Fast forward several years and enter Mabel, our inaugural 21st century beagle, who we got from BREW (Beagle Rescue, Education and Welfare). Mabel was found abandoned somewhere in Ohio, had had mammary tumors, was about 6 years old, and was very, very shy, damaged, and unsure. Mabel was probably mistreated by a woman, because she never completely trusted me, no matter what I did for her. I recall one day, sitting on the floor with her, holding her and asking her, "Why can't you love me?" through a cascade of tears. Mabel died of canine lymphoma. The day before she died, we took her to the forest preserver and took her photo at the far end of a bridge. We didn't know it would become her rainbow bridge.

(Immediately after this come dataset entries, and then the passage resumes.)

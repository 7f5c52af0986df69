-- ===== src/Replay.antt =====
-- The replay of a file of events in src/replay_main.cpp: the consumer that stops at the first event
-- that the engine refuses, and in Trace the one that goes on.
pub mod Trace
use orda_book.Prelude.{
  ℕ, ◌+◌, ◌%◌, ◌^◌, ◌≡◌, ◌≢◌, refl, inl, inr, Bool-cases, if◌then◌else◌, Bool, true, false, List,
  [], ◌∷◌, ◌++◌, ap, sym, ◌∙◌, subst, ◌<◌, length, All, arith,
}
use orda_book.Types.{bid, ask, Event, Trade, BookError}
use orda_book.Engine.{increment}
use orda_book.OrderBook.State.{OrderBook}
use orda_book.OrderBook.View.{orders}
use orda_book.OrderBook.Invariant.{IsValid}
use orda_book.OrderBook.Operations.{process}
use orda_book.OrderBook.Operations.Process.{InRange, process-IsValid}
use orda_book.OrderBook.Policies.{process-RefusesWhole}
use orda_book.OrderBook.Runs.{run, empty_book}

-- The variables that the consumer captures.
pub record Replay : Type 0 where
  pub book : OrderBook
  pub trades : List Trade
  pub event_count : ℕ
  pub engine_failed : Bool
  pub failed_line : ℕ
  pub failed_error : BookError

-- The variables as `main` makes them.
abbrev pub new_replay : Replay
new_replay = record {
  book = empty_book;
  trades = [];
  event_count = 0;
  engine_failed = false;
  failed_line = 0;
  failed_error = BookError.none;
}

abbrev pub is_error : BookError → Bool
is_error BookError.none = false
is_error _ = true

unfoldable pub consume : Event → Replay → Replay
consume event replay =
    let o = process event replay.book replay.trades in
    if replay.engine_failed
    then replay
    else if is_error o.error
    then record replay {
      book = o.book;
      trades = o.trades;
      engine_failed = true;
      failed_line = event.line_number;
      failed_error = o.error;
    }
    else record replay {
      book = o.book;
      trades = o.trades;
      event_count = increment replay.event_count;
    }

-- The parser calls the consumer for each event.
unfoldable pub consume_all : List Event → Replay → Replay
consume_all [] replay = replay
consume_all (event ∷ events) replay = consume_all events (consume event replay)

module _ (event : Event) (replay : Replay) where
  -- The replay after an event that the engine refuses, and after one that it accepts.
  abbrev stopped : Replay
  stopped =
      let o = process event replay.book replay.trades in
      record replay {
        book = o.book;
        trades = o.trades;
        engine_failed = true;
        failed_line = event.line_number;
        failed_error = o.error;
      }

  abbrev advanced : Replay
  advanced =
      let o = process event replay.book replay.trades in
      record replay { book = o.book; trades = o.trades; event_count = increment replay.event_count }

  -- The consumer on the value of its two tests.
  abbrev consumed : Bool → Bool → Replay
  consumed failed bad = if failed then replay else if bad then stopped else advanced

  consume-consumed :
      (failed bad : Bool)
      → replay.engine_failed ≡ failed
      → is_error (process event replay.book replay.trades).error ≡ bad
      → consume event replay ≡ consumed failed bad
  unfolding consume
  consume-consumed failed bad f b = λ i. consumed (f i) (b i)

-- After a failure, later events change nothing.
consume_all_failed :
    (events : List Event) (replay : Replay)
    → replay.engine_failed ≡ true
    → consume_all events replay ≡ replay
unfolding consume_all
consume_all_failed [] replay f = refl
consume_all_failed (event ∷ events) replay f =
    ap (consume_all events) (consume-consumed event replay true _ f refl)
    ∙ consume_all_failed events replay f

-- Every event of a list is accepted, each by the book that the events before it leave.
abbrev pub AreAccepted : List Event → OrderBook → List Trade → Type 0
AreAccepted [] book trades = Unit {0}
AreAccepted (event ∷ events) book trades =
    let o = process event book trades in
    (o.error ≡ BookError.none) × AreAccepted events o.book o.trades

-- How a replay stands when its events from `refused` on are left, over the book and the trades of
-- those before: none is left and it has not failed, or the first that is left is refused, the replay
-- has failed with its line and its error, and the later events are not processed.
abbrev pub Stops : List Event → OrderBook → List Trade → Replay → Type 0
Stops [] book trades after =
    (after.engine_failed ≡ false) × (after.book ≡ book) × (after.trades ≡ trades)
Stops (event ∷ events) book trades after =
    let o = process event book trades in
    (o.error ≢ BookError.none)
    × (after.engine_failed ≡ true)
    × (after.failed_line ≡ event.line_number)
    × (after.failed_error ≡ o.error)
    × (after.book ≡ o.book)
    × (after.trades ≡ o.trades)

-- What a replay shows in its end is what the events up to the first refused one make.
pub record Explains (events : List Event) (before after : Replay) : Type 0 where
  pub accepted : List Event
  pub refused : List Event
  pub split : events ≡ accepted ++ refused
  pub all_accepted : AreAccepted accepted before.book before.trades
  pub stops :
      let (book, trades) = run accepted before.book before.trades in Stops refused book trades after
  pub bids : orders bid after.book ≡ orders bid (run accepted before.book before.trades).0
  pub asks : orders ask after.book ≡ orders ask (run accepted before.book before.trades).0
  pub trades : after.trades ≡ (run accepted before.book before.trades).1
  pub counted : after.event_count ≡ (before.event_count + length accepted) % 2 ^ 64

is_error-ne : (error : BookError) → is_error error ≡ true → error ≢ BookError.none
is_error-ne error e n = let x : false ≡ true = sym (ap is_error n) ∙ e in cc

no_error : (error : BookError) → is_error error ≡ false → error ≡ BookError.none
no_error BookError.none e = refl
no_error _ e = cc

-- A replay that has not failed, over a valid book and events whose quantities fit, splits the events
-- into those before the first that the engine refuses, each accepted in its turn, and the rest. It
-- ends with the orders of both sides, the trades and the count that the accepted ones make. If there
-- is no rest it has not failed, and its book is theirs; else it has failed with the line and the error
-- of the refused event, and its book is the one that this event leaves, whatever comes after it.
pub consume_all-Explains :
    (events : List Event) (replay : Replay)
    → replay.engine_failed ≡ false
    → replay.event_count < 2 ^ 64
    → IsValid replay.book
    → All InRange events
    → Explains events replay (consume_all events replay)
unfolding consume_all run increment
consume_all-Explains [] replay f c v r = record {
  accepted = [];
  refused = [];
  split = refl;
  all_accepted = tt;
  stops = (f, refl, refl);
  bids = refl;
  asks = refl;
  trades = refl;
  counted = omega (arith, c);
}
consume_all-Explains (event ∷ events) replay f c v (r, rs) =
    let o = process event replay.book replay.trades in
    elim (Bool-cases (is_error o.error)) [
      | inl bad ↦
          let ne = is_error-ne o.error bad in
          let (t, b, a, _) = process-RefusesWhole event replay.book replay.trades v ne in
          let end : consume_all events (consume event replay) ≡ stopped event replay =
            ap (consume_all events) (consume-consumed event replay false true f bad)
            ∙ consume_all_failed events (stopped event replay) refl in
          subst (Explains (event ∷ events) replay) (sym end) (record {
            accepted = [];
            refused = event ∷ events;
            split = refl;
            all_accepted = tt;
            stops = (ne, refl, refl, refl, refl, refl);
            bids = b;
            asks = a;
            trades = t;
            counted = omega (arith, c);
          })
      | inr good ↦
          let next = advanced event replay in
          let e =
            consume_all-Explains events next f (omega arith)
              (process-IsValid event replay.book replay.trades v r) rs in
          let end : consume_all events (consume event replay) ≡ consume_all events next =
            ap (consume_all events) (consume-consumed event replay false false f good) in
          subst (Explains (event ∷ events) replay) (sym end) (record {
            accepted = event ∷ e.accepted;
            refused = e.refused;
            split = ap (◌∷◌ event) e.split;
            all_accepted = (no_error o.error good, e.all_accepted);
            stops = e.stops;
            bids = e.bids;
            asks = e.asks;
            trades = e.trades;
            counted = omega (arith, e.counted, c);
          })
    ]
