-- ===== src/Parser/Uses.antt =====
-- What src/event_parser.cpp hands on, and the replay of it by src/replay_main.cpp.
use orda_book.Prelude.{
  ◌≡◌, refl, sym, ap, ◌∙◌, subst, Bool, true, false, none, some, [], All, arith,
}
use orda_book.Prelude.Lists.{All-mono, All-split}
use orda_book.Types.{bid, ask, Event}
use orda_book.Priority.Uncrossed.{Uncrossed}
use orda_book.OrderBook.View.{orders}
use orda_book.OrderBook.Conservation.{IsUncrossed}
use orda_book.OrderBook.Operations.Process.{InRange}
use orda_book.OrderBook.Runs.{run, empty_book, empty_book-IsValid, run_empty-IsUncrossed}
use orda_book.Replay.{new_replay, consume_all, Explains, consume_all-Explains}
use orda_book.Parser.Tokens.{Bytes}
use orda_book.Parser.Stream.{Scan, parse_event_stream_impl, for_each_event_stream}
use orda_book.Parser.Lines.{lines_of, Outcome, outcome, report, parse_event_stream_impl-outcome}
use orda_book.Parser.Policies.{IsSound}
use orda_book.Parser.Ranges.{outcome-IsSound}

abbrev pub AreSound : Scan → Type 0
AreSound scan = All IsSound scan.seen × All IsSound scan.result.events

report-AreSound :
    (callback : Bool) (o : Outcome) → All IsSound o.0 → AreSound (report callback [] [] o)
report-AreSound true (events, none) s = (s, tt)
report-AreSound true (events, some (line, message)) s = (s, tt)
report-AreSound false (events, none) s = (tt, s)
report-AreSound false (events, some (line, message)) s = (tt, tt)

-- Whatever the text, every event that the parser hands on has all its fields in the range of their types,
-- a market order neither waits nor is post-only, and a post-only order is not fill-or-kill.
pub parse_event_stream_impl-AreSound :
    (input : Bytes) (callback : Bool) → AreSound (parse_event_stream_impl input callback)
parse_event_stream_impl-AreSound input callback =
    subst AreSound (sym (parse_event_stream_impl-outcome input callback))
      (report-AreSound callback (outcome 0 (lines_of input)) (outcome-IsSound 0 (lines_of input)))

Sound-InRange : (event : Event) → IsSound event → InRange event
Sound-InRange event s =
    let (a, _) = s.fits.qty_fits in
    let (b, _) = s.fits.new_qty_fits in
    record { qty_fits = omega arith; new_qty_fits = omega arith }

report-seen : (o : Outcome) → (report true [] [] o).seen ≡ o.0
report-seen (events, none) = refl
report-seen (events, some (line, message)) = refl

-- Whatever the text, the events that it gives to a callback are those of its lines up to the first
-- that is malformed. The replay of them, from a new book, accepts those before the first that the
-- engine refuses, all of them if it refuses none, and ends with the orders of both sides, the trades
-- and the count that these make. It has failed exactly if one is refused, with the line and the error
-- of that event, and its book is the one that this event leaves. No bid of its book reaches an ask.
pub consume_all-for_each_event_stream :
    (input : Bytes)
    → let events = (for_each_event_stream input).seen in
      let after = consume_all events new_replay in
      (events ≡ (outcome 0 (lines_of input)).0)
      × Explains events new_replay after
      × IsUncrossed after.book
unfolding for_each_event_stream
consume_all-for_each_event_stream input =
    let events = (for_each_event_stream input).seen in
    let fits =
      All-mono IsSound InRange Sound-InRange events
        (parse_event_stream_impl-AreSound input true).0 in
    let e = consume_all-Explains events new_replay refl (omega arith) empty_book-IsValid fits in
    let accepted_fits = All-split InRange e.accepted e.refused (subst (All InRange) e.split fits) in
    let u = run_empty-IsUncrossed e.accepted accepted_fits.0 in
    (
      ap (λ scan. scan.seen) (parse_event_stream_impl-outcome input true)
          ∙ report-seen (outcome 0 (lines_of input)),
      e,
      subst (λ o. Uncrossed bid o (orders ask (consume_all events new_replay).book)) (sym e.bids)
          (subst (Uncrossed bid (orders bid (run e.accepted empty_book []).0)) (sym e.asks) u),
    )
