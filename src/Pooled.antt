-- ===== src/Pooled.antt =====
-- The pooled engine, src/pooled_order_book.hpp and src/pooled_order_book.cpp: orders in the slots of
-- one array, linked by slot numbers, with a list of the free slots.
pub mod State
pub mod Linked
pub mod Keys
pub mod Appending
pub mod Allocating
pub mod Split
pub mod Holding
pub mod Represents
pub mod Resting
pub mod Freeing
pub mod Entering
pub mod Refusing
pub mod Adding
pub mod Unlinking
pub mod Locating
pub mod Releasing
pub mod Removing
pub mod Leaving
pub mod Live
pub mod Replacing
pub mod View
pub mod Process
pub mod Reserving
pub mod Slots
pub mod Matching
pub mod Operations
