-- ===== src/Pooled/State.antt =====
-- The private types of class PooledOrderBook, its index and its maps of levels.
use orda_book.Prelude.{ℕ, ◌==◌, if◌then◌else◌, Bool, false, Option, none, some, List, [], ◌∷◌}
use orda_book.Prelude.Int.{pos, eqb_ℤ}
use orda_book.Types.{Price, Side, bid, ask, EngineStats}
use orda_book.Engine.{ahead}

-- An index into the slots; 0 is no slot.
abbrev pub SlotIndex : Type 0
SlotIndex = ℕ

pub record OrderSlot : Type 0 where
  pub order_id : ℕ
  pub side : Side
  pub price : Price
  pub qty : ℕ
  pub prev : SlotIndex
  pub next : SlotIndex
  pub free_next : SlotIndex
  pub live : Bool

abbrev pub new_slot : OrderSlot
new_slot = record {
  order_id = 0;
  side = bid;
  price = pos 0;
  qty = 0;
  prev = 0;
  next = 0;
  free_next = 0;
  live = false;
}

-- The vector of slots. The code reads and writes only slots that `reserve_orders` has made.
abbrev pub SlotArray : Type 0
SlotArray = SlotIndex → OrderSlot

-- slots_[slot] = value
unfoldable pub write : SlotIndex → OrderSlot → SlotArray → SlotArray
write slot value slots = λ index. if index == slot then value else slots index

-- A level counts at most the slots there are, which is below 2 ^ 32, so its counter does not wrap.
pub record PriceLevel : Type 0 where
  pub price : Price
  pub total_qty : ℕ
  pub head : SlotIndex
  pub tail : SlotIndex
  pub order_count : ℕ

-- slots_ and free_head_
pub record Pool : Type 0 where
  pub slots : SlotArray
  pub free_head : SlotIndex

abbrev pub SlotMap : Type 0
SlotMap = List (ℕ × SlotIndex)

pub record PooledOrderBook : Type 0 where
  pub bids : List PriceLevel
  pub asks : List PriceLevel
  pub pool : Pool
  pub order_index : SlotMap
  pub stats : EngineStats

abbrev pub side_levels : Side → PooledOrderBook → List PriceLevel
side_levels bid book = book.bids
side_levels ask book = book.asks

abbrev pub with_levels : Side → List PriceLevel → PooledOrderBook → PooledOrderBook
with_levels bid levels book = record book { bids = levels }
with_levels ask levels book = record book { asks = levels }

-- order_index_.find, erase and emplace
unfoldable pub find_slot : ℕ → SlotMap → Option SlotIndex
find_slot order_id [] = none
find_slot order_id ((key, slot) ∷ index) =
    if key == order_id then some slot else find_slot order_id index

unfoldable pub erase_slot : ℕ → SlotMap → SlotMap
erase_slot order_id [] = []
erase_slot order_id ((key, slot) ∷ index) =
    if key == order_id then erase_slot order_id index else (key, slot) ∷ erase_slot order_id index

unfoldable pub emplace_slot : ℕ → SlotIndex → SlotMap → SlotMap
emplace_slot order_id slot index = elim (find_slot order_id index) [
  | some _ ↦ index
  | none ↦ (order_id, slot) ∷ index
]

-- The std::map of a side: `find`, `try_emplace` with the price that `ensure_level` gives, a write
-- through a reference, and `erase`.
unfoldable pub find_level : Price → List PriceLevel → Option PriceLevel
find_level price [] = none
find_level price (level ∷ levels) =
    if eqb_ℤ level.price price then some level else find_level price levels

abbrev pub empty_level : Price → PriceLevel
empty_level price = record { price = price; total_qty = 0; head = 0; tail = 0; order_count = 0 }

unfoldable pub ensure_level : Side → Price → List PriceLevel → List PriceLevel
ensure_level side price [] = empty_level price ∷ []
ensure_level side price (level ∷ levels) =
    if eqb_ℤ level.price price
    then level ∷ levels
    else if ahead side level.price price
    then level ∷ ensure_level side price levels
    else empty_level price ∷ level ∷ levels

unfoldable pub update_level : Price → PriceLevel → List PriceLevel → List PriceLevel
update_level price changed [] = []
update_level price changed (level ∷ levels) =
    if eqb_ℤ level.price price then changed ∷ levels else level ∷ update_level price changed levels

unfoldable pub erase_level : Price → List PriceLevel → List PriceLevel
erase_level price [] = []
erase_level price (level ∷ levels) =
    if eqb_ℤ level.price price then levels else level ∷ erase_level price levels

And now there's Ivy, who we also rescued from BREW, although now they've got the moniker of Midwest Beagle Rescue, Education and Welfare and can be found here: http://gotbeagles.org/ In some ways, the other dogs were a kind of proving ground for Ivy. Because she's smart and sometimes aloof like Tootsie, a little goofy like Taffy (She's a puzzlement; I'm still not convinced she's a scent hound. She'll pass up obvious stinky treats right in front of her because she gets too wound up looking for the thing), a sweet angel like Penny, and nervous like Mabel, with the same horrible separation anxiety. Ivy is all that, plus blessed by a special kindness and gentleness that I've rarely seen in such a little one. And she draws people to her. She can be in a throng of beagles, and people will go straight to her, pick her up, and remark about her beauty and sweetness. She's got this "it" factor. In some ways, she's more of a beagle superstar than Snoopy.
Those are the beagles I've known and loved. Ivy is the present. I don 't know who'll be in the future. And, right now, I'm grateful for every snuggle, every odd little snort, every awkward doggy dance (due to her adorable bowed legs). The present with Ivy is just that: a golden, true, god-sent present.